I am not entirely certain about your question but I think, it basically boils down to this equation

$$M = I \alpha $$

where:

• M is the torque applied
• I is the mass moment inertia of all rotating masses
• $\alpha$ is the angular acceleration $(\frac{d \omega}{dt})$

In another form this is written as:

$$\Delta M = I \frac{d \omega}{dt}$$

I.e. the turbine has a load which can be translated to a torque $M_{turb}$ which is resisting motion. The generator is producing $M_{gen}$.

If:

• $M_{gen}>M_{turb} \rightarrow M_{gen}-M_{turb}=\Delta M>0$ then the system accelerates
• $M_{gen}=M_{turb} \rightarrow M_{gen}-M_{turb}=\Delta M=0$ then the system does not change its kinetic state.
• $M_{gen}<M_{turb} \rightarrow M_{gen}-M_{turb}=\Delta M<0$ then the system decelerates

Answer 2

The generator start-up torque demand is the sum of the load on it, if any, its angular momentum, frictions in bearings, cogging of magnets. etc.

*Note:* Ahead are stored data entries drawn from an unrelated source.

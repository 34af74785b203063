-- ===== src/Base/Text.antt =====
-- Numbers as text: `${n}` and `n.toString(16)`, `padStart` and JavaScript's falsy strings.
use Prim.Native.String.{String, slice, count}
use Prim.Native.Nat.{ℕ, zero, suc, ◌+◌, ◌-◌, ◌/◌, ◌%◌}
use mathlib.Core.Bool.{Bool, false, not}
use mathlib.Core.Option.{Option, none, some}
use blocktic_backend.Base.Tests.{◌==◌, nat_eq, string_eq, if◌then◌else◌, ◌<>◌}

abbrev digit : ℕ → String
digit d = slice "0123456789abcdef" d (d + 1)

digits_from : (base fuel n : ℕ) → String → String
digits_from base zero n acc = acc
digits_from base (suc fuel) n acc =
    let acc' = digit (n % base) <> acc in
    let rest = digits_from base fuel (n / base) acc' in if n / base == 0 then acc' else rest

-- `n` has fewer than `n + 1` digits, so the fuel is enough.
unfoldable pub decimal : ℕ → String
unfolding digits_from
decimal n = digits_from 10 (suc n) n ""

unfoldable pub hexadecimal : ℕ → String
unfolding digits_from
hexadecimal n = digits_from 16 (suc n) n ""

abbrev pub repeat : ℕ → String → String
repeat zero s = ""
repeat (suc n) s = s <> repeat n s

-- `s.padStart(width, fill)` for a `fill` of one character
abbrev pub pad_start : ℕ → String → String → String
pad_start width fill s = repeat (width - count s) fill <> s

-- A string that JavaScript takes for true.
abbrev pub truthy : Option String → Bool
truthy none = false
truthy (some s) = not (s == "")

-- `s || null`
abbrev pub non_empty : Option String → Option String
non_empty none = none
non_empty (some s) = if s == "" then none else some s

When a torque by the turbine is applied to the The generator starts to accelerate until the RPM of the generator is at the systems design RPM. At design RPPM the generator power is $P= 2πNT/60$

• N is rpm
• T= torque in Nm
• P =power in watts

So the torque of the shaft initially goes to accelerate the generator and later to have it produce power turning at a constant speed, $\omega$.

At all times the torque at the two ends of the shaft is equal and opposite.

Edit

After OP's comment

Shaft unbalanced torque is a major subject in power generation plants.

At the most basic level, one can compare it to SDF torsional vibration. In reality, it is a continuous mass multi-node force function with tapering or stepping shaft diameter.

In the SDF form with damping the equation simplifies to

$$ I \frac{d^2\theta}{d^2t} +C\frac{d\theta}{dt} + k\theta = \tau(t)$$

At low damping ratios frequency of the system is very near the natural frequency

$f_n= \frac{1}{2\pi}\sqrt{\frac{k}{I}}$.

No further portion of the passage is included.